Margery Kempe, Part two

     I should not laugh at Margery, I am a mother too although I do not have fourteen children.  Margery had a son whose business was shipping merchandise out of Lynn. She liked to visit with him and try to get him to give up his job and the world and "follow Christ"  She did this to the point where "he fled her company and would not gladly meet with her".  One time, when they met "against his will", she asked him, since he would not follow Christ, to at least keep his body 'clean' and not mess with women.
     As he seemed to have to do a lot of sailing, he found opportunities for some hanky-panky abroad and he picked up a disease.  His face was covered in blotches and people thought he was a leper.  This got him fired from his job.  He blamed this on his mother having put a curse on him so people went to her and begged her to lift the curse. Margery would not lift the curse unless he came and begged her to himself.  Although this took place six hundred years ago, it could be taking place anywhere in Canada today since it is a Sunday afternoon and the traditional day of Mother's guilt.

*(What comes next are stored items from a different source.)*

-- ===== src/WgClient/Adapter/Session.antt =====
-- crates/wgclient/src/lib.rs, module `win`: `open` as a whole. The wintun driver's answers are a
-- record; an error behind the start of the session drops the adapter.
use mathlib.Core.List.{reverse}
use wg_wrapper.Base.{
  ℕ, ◌≡◌, refl, some, subst, >>=-eq-ok, ok_or-eq-ok, ok-eq, ap, ◌∙◌, ◌++◌, Bool, ◌||◌, Option,
  Result, ok, err, ◌>>=◌, ◌>>◌, ensure, ok_or,
}
use wg_wrapper.Addr.{IpAddr}
use wg_wrapper.IpNet.{NetOps, NetText}
use wg_wrapper.Text.{Text}
use wg_wrapper.WgClient.{ClientConfig}
use wg_wrapper.WgClient.Adapter.{OpenError, Dev, Os, drop_adapter}
use wg_wrapper.WgClient.Adapter.Flushed.{DnsKnown, open_adapter-DnsKnown}
use wg_wrapper.WgClient.Adapter.Inverse.{Matched, flushed}
use wg_wrapper.WgClient.Adapter.Open.{open_adapter}
use wg_wrapper.WgClient.Adapter.Undone.{
  fresh, resets, Behind, Restored, drop_adapter-Behind, open_adapter-Matched,
}

-- Whether the library loads, whether the adapter is there or can be made, whether its session
-- starts, and what it is called.
pub record Driver : Type 0 where
  pub loads : Bool
  pub opens : Bool
  pub creates : Bool
  pub starts : Bool
  pub name : Option Text
  pub index : Option ℕ

pub data DriverError : Type 0 where
  not_loaded not_created not_started no_name no_index : DriverError

unfoldable pub start_session : Driver → Result DriverError (Text × ℕ)
start_session d = do
  ensure d.loads not_loaded
  ensure (d.opens || d.creates) not_created
  ensure d.starts not_started
  name ← ok_or d.name no_name
  index ← ok_or d.index no_index
  ok (name, index)

-- What `open` comes to: no session; an error, with the adapter dropped; or the adapter.
pub data Opening : Type 0 where
  unstarted : DriverError → Opening
  dropped : OpenError → Dev → Opening
  opened : Text → Dev → Opening

module _ (ops : NetOps) (cidr : NetText ops) (os : Os) where
  -- an error leaves `open`, and so drops `dev`
  abbrev or_drop : Text → Result OpenError (Unit {0}) × Dev → Opening
  or_drop name (err e, d) = dropped e (drop_adapter os name d)
  or_drop name (ok _, d) = opened name d

  abbrev set_up : ClientConfig ops.Net → (server : IpAddr) → Result DriverError (Text × ℕ) → Opening
  set_up cfg server (err e) = unstarted e
  set_up cfg server (ok (name, index)) =
      or_drop name (open_adapter os name index ops cidr cfg server fresh)

  unfoldable pub win_open : Driver → ClientConfig ops.Net → (server : IpAddr) → Opening
  unfolding start_session open_adapter drop_adapter
  win_open driver cfg server = set_up cfg server (start_session driver)

  -- What the adapter keeps for `Drop` is what its log asks for.
  abbrev pub Ready : Dev → Type 0
  Ready d = Matched d × DnsKnown d

  -- Dropped and restored, or open with all that has to be undone; under the driver's name.
  abbrev pub Kept : Option Text → Opening → Type 0
  Kept called (unstarted e) = Unit {0}
  Kept called (dropped e d) = (name : Text) × (called ≡ some name) × Restored name d.log
  Kept called (opened name d) = (called ≡ some name) × Ready d

  pub drop_adapter-Restored :
      (name : Text) (d : Dev) → Ready d → Restored name (drop_adapter os name d).log
  drop_adapter-Restored name d (m, known) = (
    d.log,
    subst
        (λ us.
          Behind d.log (reverse us ++ resets name (flushed d.log)) (drop_adapter os name d).log)
        m
        (subst (λ b. Behind d.log (reverse d.undo ++ resets name b) (drop_adapter os name d).log)
          known (drop_adapter-Behind os name d)),
  )

  or_drop-Kept :
      (called : Option Text) (name : Text) (r : Result OpenError (Unit {0}) × Dev)
      → called ≡ some name
      → Ready r.1
      → Kept called (or_drop name r)
  or_drop-Kept called name (err e, d) h m = (name, h, drop_adapter-Restored name d m)
  or_drop-Kept called name (ok _, d) h m = (h, m)

  -- the name under which the session started
  start_session-name :
      (driver : Driver) (name : Text) (index : ℕ)
      → start_session driver ≡ ok (name, index)
      → driver.name ≡ some name
  unfolding start_session
  start_session-name driver name index e =
      let (_, _, e₁) = >>=-eq-ok (ensure driver.loads not_loaded) _ e in
      let (_, _, e₂) = >>=-eq-ok (ensure (driver.opens || driver.creates) not_created) _ e₁ in
      let (_, _, e₃) = >>=-eq-ok (ensure driver.starts not_started) _ e₂ in
      let (called, there, e₄) = >>=-eq-ok (ok_or driver.name no_name) _ e₃ in
      let (at, _, e₅) = >>=-eq-ok (ok_or driver.index no_index) _ e₄ in
      ok_or-eq-ok driver.name no_name there ∙ ap (λ (p : Text × ℕ). some p.0) (ok-eq e₅)

  set_up-Kept :
      (driver : Driver) (cfg : ClientConfig ops.Net) (server : IpAddr)
      (r : Result DriverError (Text × ℕ))
      → start_session driver ≡ r
      → Kept driver.name (set_up cfg server r)
  set_up-Kept driver cfg server (err e) s = tt
  set_up-Kept driver cfg server (ok (name, index)) s =
      or_drop-Kept driver.name name (open_adapter os name index ops cidr cfg server fresh)
        (start_session-name driver name index s)
        (
          open_adapter-Matched os name index ops cidr cfg server,
          open_adapter-DnsKnown os name index ops cidr cfg server,
        )

  pub win_open-Kept :
      (driver : Driver) (cfg : ClientConfig ops.Net) (server : IpAddr)
      → Kept driver.name (win_open driver cfg server)
  unfolding win_open
  win_open-Kept driver cfg server = set_up-Kept driver cfg server (start_session driver) refl
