-- ===== src/Keys.antt =====
-- crates/wgcore/src/lib.rs: keys as text and packet addresses. The base64 engine and the random
-- bytes come from outside.
use wg_wrapper.Base.{
  ℕ, ◌/◌, ◌^◌, ◌&&◌, Option, none, some, Bytes, [], ◌∷◌, length, ◌==◌, leb, if◌then◌else◌, take,
  drop, set, get_elem?, bit_and, bit_or, Result, ok, err,
}
use wg_wrapper.Addr.{IpAddr, v4, v6}
use wg_wrapper.Base.BigEndian.{from_be_bytes}
use wg_wrapper.Text.{Text, trim}

pub data KeyError : Type 0 where
  bad_base64 bad_length : KeyError

key_of : Option Bytes → Result KeyError Bytes
key_of none = err bad_base64
key_of (some v) = if length v == 32 then ok v else err bad_length

unfoldable pub decode_key : (Text → Option Bytes) → Text → Result KeyError Bytes
unfolding key_of
decode_key decode_base64 s = key_of (decode_base64 (trim s))

-- k[i] &= mask, and k[i] |= mask
abbrev update : (ℕ → ℕ) → Bytes → ℕ → Bytes
update f k i = elim (get_elem? k i) [ none ↦ k | some b ↦ set k i (f b) ]

unfoldable pub generate_key : Bytes → Bytes
generate_key random =
    let low = update (λ b. bit_and b 248) random 0 in
    let high = update (λ b. bit_and b 127) low 31 in update (λ b. bit_or b 64) high 31

address_of : Bytes → Bytes → Option IpAddr
unfolding from_be_bytes
address_of [] packet = none
address_of (first ∷ _) packet =
    if first / 2 ^ 4 == 4 && leb 20 (length packet)
    then some (v4 (from_be_bytes (take 4 (drop 12 packet)) 0))
    else if first / 2 ^ 4 == 6 && leb 40 (length packet)
    then some (v6 (from_be_bytes (take 16 (drop 8 packet)) 0))
    else none

-- The source address of an IP packet.
unfoldable pub src_address : Bytes → Option IpAddr
unfolding address_of
src_address packet = address_of packet packet
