-- ===== src/WgClient/Conf.antt =====
-- crates/wgclient/src/lib.rs: `parse_conf`. A map is an association list with the newest entry in
-- front; every key is taken out once, so a look-up stands for the removal.
pub mod Fits
pub mod Written
use wg_wrapper.Base.{
  ℕ, Bool, true, false, not, ◌||◌, List, [], ◌∷◌, Bytes, Option, none, some, ltb, if◌then◌else◌,
  bytes_eq, Result, ok, err, ◌>>=◌, ◌>>◌, ensure, ok_or, map_err, done,
}
use wg_wrapper.Addr.{IpAddr, v4, v6, SocketAddr}
use wg_wrapper.Addr.Parse.{parse_ip, parse_socket}
use wg_wrapper.IpNet.{NetOps, NetText}
use wg_wrapper.Keys.{KeyError, decode_key}
use wg_wrapper.Text.{
  Text, codes, trim, trim_end_matches, strip_prefix, split_once, rsplit_once, parse_u16,
}
use wg_wrapper.Text.Pieces.{
  to_ascii_lowercase, is_empty, starts_with, split, first_piece, at_char, lines,
}
use wg_wrapper.WgClient.{Endpoint, udp, udp_host, ws, ClientConfig}

pub data ConfError : Type 0 where
  malformed_line : Text → ConfError
  unknown_section : (key section : Text) → ConfError
  no_private_key no_public_key no_address no_endpoint : ConfError
  bad_private_key bad_public_key bad_preshared_key : KeyError → ConfError
  bad_address bad_prefix bad_mtu bad_keepalive : ConfError
  bad_allowed_ip bad_endpoint : Text → ConfError

-- HashMap::get on texts
unfoldable pub get : Text → List (Text × Text) → Option Text
get k [] = none
get k ((j, v) ∷ m) = if bytes_eq j k then some v else get k m

-- The variables of the loop over the lines.
pub record Sections : Type 0 where
  pub section : Text
  pub iface : List (Text × Text)
  pub peer : List (Text × Text)

-- The match on the section.
unfoldable pub assign : Sections → Text → Text → Result ConfError Sections
assign s k v =
    if bytes_eq s.section (codes "interface")
    then ok (record s { iface = (k, v) ∷ s.iface })
    else if bytes_eq s.section (codes "peer")
    then ok (record s { peer = (k, v) ∷ s.peer })
    else err (unknown_section k s.section)

-- A line that is not empty: `raw` as it stands, `line` without comment and blanks.
unfoldable pub read_entry : Sections → Text → Text → Option Text → Result ConfError Sections
unfolding assign trim trim_end_matches
read_entry s raw line (some name) =
    ok (record s { section = to_ascii_lowercase (trim (trim_end_matches (at_char b']') name)) })
read_entry s raw line none = do
  (k, v) ← ok_or (split_once b'=' line) (malformed_line raw)
  assign s (to_ascii_lowercase (trim k)) (trim v)

-- The body of the loop.
unfoldable pub read_line : Sections → Text → Result ConfError Sections
unfolding read_entry first_piece trim strip_prefix
read_line s raw =
    let line = trim (first_piece (at_char b'#') [] raw) in
    if is_empty line then ok s else read_entry s raw line (strip_prefix (codes "[") line)

unfoldable pub read_lines : Sections → List Text → Result ConfError Sections
unfolding read_line
read_lines s [] = ok s
read_lines s (raw ∷ raws) = do s' ← read_line s raw; read_lines s' raws

abbrev pub no_sections : Sections
no_sections = record { section = []; iface = []; peer = [] }

-- matches!(v, "true"|"1"|"yes"|"on")
unfoldable pub is_yes : Text → Bool
unfolding bytes_eq
is_yes v =
    bytes_eq v (codes "true")
    || bytes_eq v (codes "1")
    || bytes_eq v (codes "yes")
    || bytes_eq v (codes "on")

-- Option::is_some_and, of `insecuretls`
abbrev pub insecure_tls : Option Text → Bool
insecure_tls none = false
insecure_tls (some v) = is_yes (to_ascii_lowercase v)

-- starts_with("wss://") || starts_with("ws://")
abbrev pub is_ws : Text → Bool
is_ws lower = starts_with (codes "wss://") lower || starts_with (codes "ws://") lower

abbrev pub is_none {ℓ} : {A : Type ℓ} → Option A → Bool
is_none none = true
is_none (some _) = false

-- The match on `raw_endpoint.parse::<SocketAddr>()`.
unfoldable pub udp_endpoint : Text → Option SocketAddr → Result ConfError Endpoint
udp_endpoint raw (some a) = ok (udp a)
udp_endpoint raw none = do
  (host, port) ← ok_or (rsplit_once b':' raw) (bad_endpoint raw)
  ensure (not (is_empty host || is_none (parse_u16 port))) (bad_endpoint raw)
  ok (udp_host raw)

unfoldable pub parse_endpoint : Text → Bool → Result ConfError Endpoint
unfolding udp_endpoint parse_socket
parse_endpoint raw insecure =
    if is_ws (to_ascii_lowercase raw)
    then ok (ws raw insecure)
    else udp_endpoint raw (parse_socket raw)

-- if matches!(endpoint, Endpoint::Ws{..}){1380}else{1420}
abbrev pub default_mtu : Endpoint → ℕ
default_mtu (ws _ _) = 1380
default_mtu (udp _) = 1420
default_mtu (udp_host _) = 1420

unfoldable pub parse_mtu : Endpoint → Option Text → Result ConfError ℕ
parse_mtu e none = ok (default_mtu e)
parse_mtu e (some m) = ok_or (parse_u16 m) bad_mtu

unfoldable pub parse_keepalive : Option Text → Result ConfError (Option ℕ)
parse_keepalive none = ok none
parse_keepalive (some k) = do
  n ← ok_or (parse_u16 k) bad_keepalive
  ok (if ltb 0 n then some n else none)

-- filter_map over the pieces
addresses : List Text → List IpAddr
unfolding parse_ip trim
addresses [] = []
addresses (d ∷ ds) =
    let rest = addresses ds in elim (parse_ip (trim d)) [ none ↦ rest | some a ↦ a ∷ rest ]

unfoldable pub parse_dns : Option Text → List IpAddr
unfolding addresses split
parse_dns none = []
parse_dns (some v) = addresses (split (at_char b',') v)

abbrev pub max_prefix : IpAddr → ℕ
max_prefix (v4 _) = 32
max_prefix (v6 _) = 128

module _ (ops : NetOps) (cidr : NetText ops) where
  open ops use {Net}

  -- The match on `first.split_once('/')`.
  net_of : Text → Option (Text × Text) → Result ConfError Net
  unfolding parse_ip
  net_of first (some _) = ok_or (cidr.parse first) bad_address
  net_of first none = do
    ip ← ok_or (parse_ip first) bad_address
    ok_or (cidr.new ip (max_prefix ip)) bad_prefix

  unfoldable pub parse_address : Text → Result ConfError Net
  unfolding net_of first_piece trim split_once
  parse_address address =
      let first = trim (first_piece (at_char b',') [] address) in
      net_of first (split_once b'/' first)

  -- An entry that is not blank, in front of the others.
  first_net : Text → Result ConfError (List Net) → Result ConfError (List Net)
  unfolding trim
  first_net s rest = do
    net ← ok_or (cidr.parse (trim s)) (bad_allowed_ip s)
    nets ← rest
    ok (net ∷ nets)

  nets_of : List Text → Result ConfError (List Net)
  unfolding trim first_net
  nets_of [] = ok []
  nets_of (s ∷ ss) = let rest = nets_of ss in if is_empty (trim s) then rest else first_net s rest

  unfoldable pub parse_allowed_ips : Option Text → Result ConfError (List Net)
  unfolding nets_of split
  parse_allowed_ips none = ok []
  parse_allowed_ips (some v) = nets_of (split (at_char b',') v)

  module _ (decode_base64 : Text → Option Bytes) where
    unfoldable pub check_key : (KeyError → ConfError) → Text → Result ConfError (Unit {0})
    check_key wrap k = done (map_err wrap (decode_key decode_base64 k))

    unfoldable pub check_psk : Option Text → Result ConfError (Unit {0})
    unfolding check_key
    check_psk none = ok tt
    check_psk (some psk) = check_key bad_preshared_key psk

    -- Behind the loop.
    unfoldable pub config_of :
        List (Text × Text) → List (Text × Text) → Result ConfError (ClientConfig Net)
    unfolding get check_key check_psk parse_address parse_allowed_ips parse_endpoint parse_mtu
        parse_keepalive parse_dns
    config_of iface peer = do
      private_key ← ok_or (get (codes "privatekey") iface) no_private_key
      check_key bad_private_key private_key
      peer_public_key ← ok_or (get (codes "publickey") peer) no_public_key
      check_key bad_public_key peer_public_key
      check_psk (get (codes "presharedkey") peer)
      address ← ok_or (get (codes "address") iface) no_address
      net ← parse_address address
      allowed_ips ← parse_allowed_ips (get (codes "allowedips") peer)
      raw ← ok_or (get (codes "endpoint") peer) no_endpoint
      endpoint ← parse_endpoint raw (insecure_tls (get (codes "insecuretls") peer))
      mtu ← parse_mtu endpoint (get (codes "mtu") iface)
      keepalive ← parse_keepalive (get (codes "persistentkeepalive") peer)
      ok (record {
        private_key = private_key;
        peer_public_key = peer_public_key;
        preshared_key = get (codes "presharedkey") peer;
        address = net;
        dns = parse_dns (get (codes "dns") iface);
        endpoint = endpoint;
        allowed_ips = allowed_ips;
        mtu = mtu;
        keepalive = keepalive;
      })

    unfoldable pub parse_conf : Text → Result ConfError (ClientConfig Net)
    unfolding read_lines lines config_of
    parse_conf text = do s ← read_lines no_sections (lines text); config_of s.iface s.peer
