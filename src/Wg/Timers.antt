-- ===== src/Wg/Timers.antt =====
-- The calls that send: `encapsulate` and `update_timers`, and the age of the last handshake.
pub mod Keys
use wg_wrapper.Base.{
  ℕ, suc, ◌+◌, ◌-◌, List, [], ◌∷◌, ◌++◌, Bytes, Option, none, some, get_elem?, set, leb,
  if◌then◌else◌,
}
use wg_wrapper.Noise.{
  Noise, TunnResult, finished, failed, write_to_network, write_to_tunnel_v4, write_to_tunnel_v6,
}
use wg_wrapper.Wg.{Peer, Wg}

-- what goes to the network
abbrev pub sent : TunnResult → List Bytes
sent (write_to_network b) = b ∷ []
sent finished = []
sent failed = []
sent (write_to_tunnel_v4 b) = []
sent (write_to_tunnel_v6 b) = []

tagged : ℕ → TunnResult → List (ℕ × Bytes)
tagged i (write_to_network b) = (i, b) ∷ []
tagged i finished = []
tagged i failed = []
tagged i (write_to_tunnel_v4 b) = []
tagged i (write_to_tunnel_v6 b) = []

module _ (noise : Noise) where
  open noise use {Tunn, Limiter}

  encapsulate_with : Wg noise → ℕ → Option (Peer noise) → Bytes → List Bytes → Wg noise × List Bytes
  encapsulate_with wg idx none packet net_out = (wg, net_out)
  encapsulate_with wg idx (some peer) packet net_out =
      let (tunn, answer) = noise.encapsulate peer.tunn packet in
      (record wg { peers = set wg.peers idx (record peer { tunn = tunn }) }, net_out ++ sent answer)

  unfoldable pub encapsulate : Wg noise → ℕ → Bytes → List Bytes → Wg noise × List Bytes
  unfolding encapsulate_with
  encapsulate wg idx packet net_out =
      encapsulate_with wg idx (get_elem? wg.peers idx) packet net_out

  -- The loop over `peers.iter_mut().enumerate()`.
  timers_from : ℕ → List (Peer noise) → List (Peer noise) × List (ℕ × Bytes)
  unfolding tagged
  timers_from i [] = ([], [])
  timers_from i (peer ∷ peers) =
      let (tunn, answer) = noise.update_timers peer.tunn in
      let (rest, out) = timers_from (suc i) peers in
      (record peer { tunn = tunn } ∷ rest, tagged i answer ++ out)

  reset_if_due : Wg noise → ℕ → Wg noise
  reset_if_due wg now =
      if leb 1000 (now - wg.last_reset)
      then record wg { limiter = noise.reset_count wg.limiter; last_reset = now }
      else wg

  unfoldable pub update_timers : Wg noise → ℕ → List (ℕ × Bytes) → Wg noise × List (ℕ × Bytes)
  unfolding timers_from reset_if_due
  update_timers wg now out =
      let ready = reset_if_due wg now in
      let (peers, added) = timers_from 0 ready.peers in
      (record ready { peers = peers }, out ++ added)

  since : Option (Peer noise) → Option ℕ
  since none = none
  since (some peer) = noise.time_since_last_handshake peer.tunn

  unfoldable pub time_since_last_handshake : Wg noise → ℕ → Option ℕ
  unfolding since
  time_since_last_handshake wg idx = since (get_elem? wg.peers idx)
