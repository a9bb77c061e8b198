-- ===== src/WgClient/Tunnel.antt =====
-- crates/wgclient/src/lib.rs: the tasks of a `Tunnel` on what they share, each round of a task as
-- one step. The counters are u64 and wrap; the socket's and the device's answers are arguments.
pub mod Counters
pub mod Ipv6
pub mod Device
use wg_wrapper.Base.{
  ℕ, ◌+◌, ◌-◌, ◌/◌, ◌%◌, ◌^◌, Bool, true, false, List, [], ◌∷◌, ◌++◌, map, Bytes, Option, none,
  some, length, leb, ◌==◌, if◌then◌else◌,
}
use wg_wrapper.Addr.{SocketAddr}
use wg_wrapper.Noise.{Noise}
use wg_wrapper.Wg.Timers.{encapsulate, update_timers, time_since_last_handshake}
use wg_wrapper.Wg.{Wg, Received, recv_from_network}

-- p.first().is_some_and(|b| b>>4==6)
abbrev pub is_v6 : Bytes → Bool
is_v6 [] = false
is_v6 (b ∷ _) = b / 2 ^ 4 == 6

-- fetch_add of an AtomicU64
abbrev pub fetch_add : ℕ → ℕ → ℕ
fetch_add counter n = (counter + n) % 2 ^ 64

-- one round of a task; the device may also stop taking packets
pub data Event : Type 0 where
  received : Bytes → Event
  from_tun : Bytes → Event
  tick : (now : ℕ) → Event
  tun_refuses : Event

module _ (noise : Noise) where
  -- What the tasks share: the endpoint, the counters, what the socket and the device were given,
  -- whether the thread that writes to the device still takes packets, and whether the task that
  -- reads the socket still runs.
  pub record Tunnel : Type 0 where
    pub wg : Wg noise
    pub rx : ℕ
    pub tx : ℕ
    pub v6_dropped : ℕ
    pub net : List Bytes
    pub tun : List Bytes
    pub writing : Bool
    pub reading : Bool

  -- for d in &net_out: counted, and sent without a look at the result
  unfoldable pub send_all : Tunnel → List Bytes → Tunnel
  send_all t [] = t
  send_all t (d ∷ ds) =
      send_all (record t { tx = fetch_add t.tx (length d); net = t.net ++ d ∷ [] }) ds

  -- for p in ip_out.drain(..): the task returns when the device takes no more
  unfoldable pub forward : Tunnel → List Bytes → Tunnel
  forward t [] = t
  forward t (p ∷ ps) =
      let rest = forward (record t { tun = t.tun ++ p ∷ [] }) ps in
      if t.writing then rest else record t { reading = false }

  after_receive : Tunnel → Option (Received noise) → Option Tunnel
  unfolding send_all forward
  after_receive t none = none
  after_receive t (some r) = some (forward (send_all (record t { wg = r.wg }) r.net_out) r.ip_out)

  -- The task that reads the socket; `none` means that the fuel ran out.
  unfoldable pub on_datagram : ℕ → SocketAddr → Tunnel → Bytes → Option Tunnel
  unfolding after_receive
  on_datagram fuel peer t d =
      let counted = record t { rx = fetch_add t.rx (length d) } in
      if t.reading
      then after_receive counted (recv_from_network noise fuel t.wg peer d [] [])
      else some t

  -- The task that takes the packets of the device.
  unfoldable pub on_packet : Tunnel → Bytes → Tunnel
  unfolding send_all
  on_packet t p =
      let (wg, net_out) = encapsulate noise t.wg 0 p [] in
      if is_v6 p
      then record t { v6_dropped = fetch_add t.v6_dropped 1 }
      else send_all (record t { wg = wg }) net_out

  -- The task of the timers.
  unfoldable pub on_tick : Tunnel → ℕ → Tunnel
  unfolding send_all
  on_tick t now =
      let (wg, out) = update_timers noise t.wg now [] in
      send_all (record t { wg = wg }) (map (λ (i, d). d) out)

  unfoldable pub step : ℕ → SocketAddr → Tunnel → Event → Option Tunnel
  unfolding on_datagram on_packet on_tick
  step fuel peer t (received d) = on_datagram fuel peer t d
  step fuel peer t (from_tun p) = some (on_packet t p)
  step fuel peer t (tick now) = some (on_tick t now)
  step fuel peer t tun_refuses = some (record t { writing = false })

  abbrev pub and_then {ℓ} : {A : Type ℓ} → Option Tunnel → (Tunnel → Option A) → Option A
  and_then none next = none
  and_then (some t) next = next t

  -- The rounds in the order in which they take the lock.
  unfoldable pub run : ℕ → SocketAddr → Tunnel → List Event → Option Tunnel
  unfolding step
  run fuel peer t [] = some t
  run fuel peer t (e ∷ es) = and_then (step fuel peer t e) (λ t. run fuel peer t es)

  pub record Stats : Type 0 where
    pub rx_bytes : ℕ
    pub tx_bytes : ℕ
    pub v6_dropped : ℕ
    pub last_handshake : Option ℕ

  -- SystemTime::now().checked_sub(d)
  abbrev ago : ℕ → Option ℕ → Option ℕ
  ago now none = none
  ago now (some d) = if leb d now then some (now - d) else none

  unfoldable pub stats : Tunnel → ℕ → Stats
  unfolding time_since_last_handshake
  stats t now = record {
    rx_bytes = t.rx;
    tx_bytes = t.tx;
    v6_dropped = t.v6_dropped;
    last_handshake = ago now (time_since_last_handshake noise t.wg 0);
  }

     At last and in desperation, he went to speak with her and she made him promise to behave better.  So then, she prayed and she prayed and whatever illness he had cleared up.  Later, this same son married a woman in Prussia where he lived and they had a daughter.
      The daughter in law had one of those crazy fits we all get from time to time and it made her decide to meet her mother in law.  They left their daughter with friends and came to England to visit Margery and her husband.  The day after the son arrived, he became ill and died.  It must have been Margery's cooking because the husband followed soon after.   And there was the daughter in law - trapped in England and at her mother in law's mercy and whims.  She stayed with Margery for a year and a half until enough letters from Germany begging her to return home had come and Margery could no longer reasonably keep her.  Usually at this point, God comes along and commands whatever Margery wants to happen but God would have had to visit the daughter in law for her to stay. This did not happen.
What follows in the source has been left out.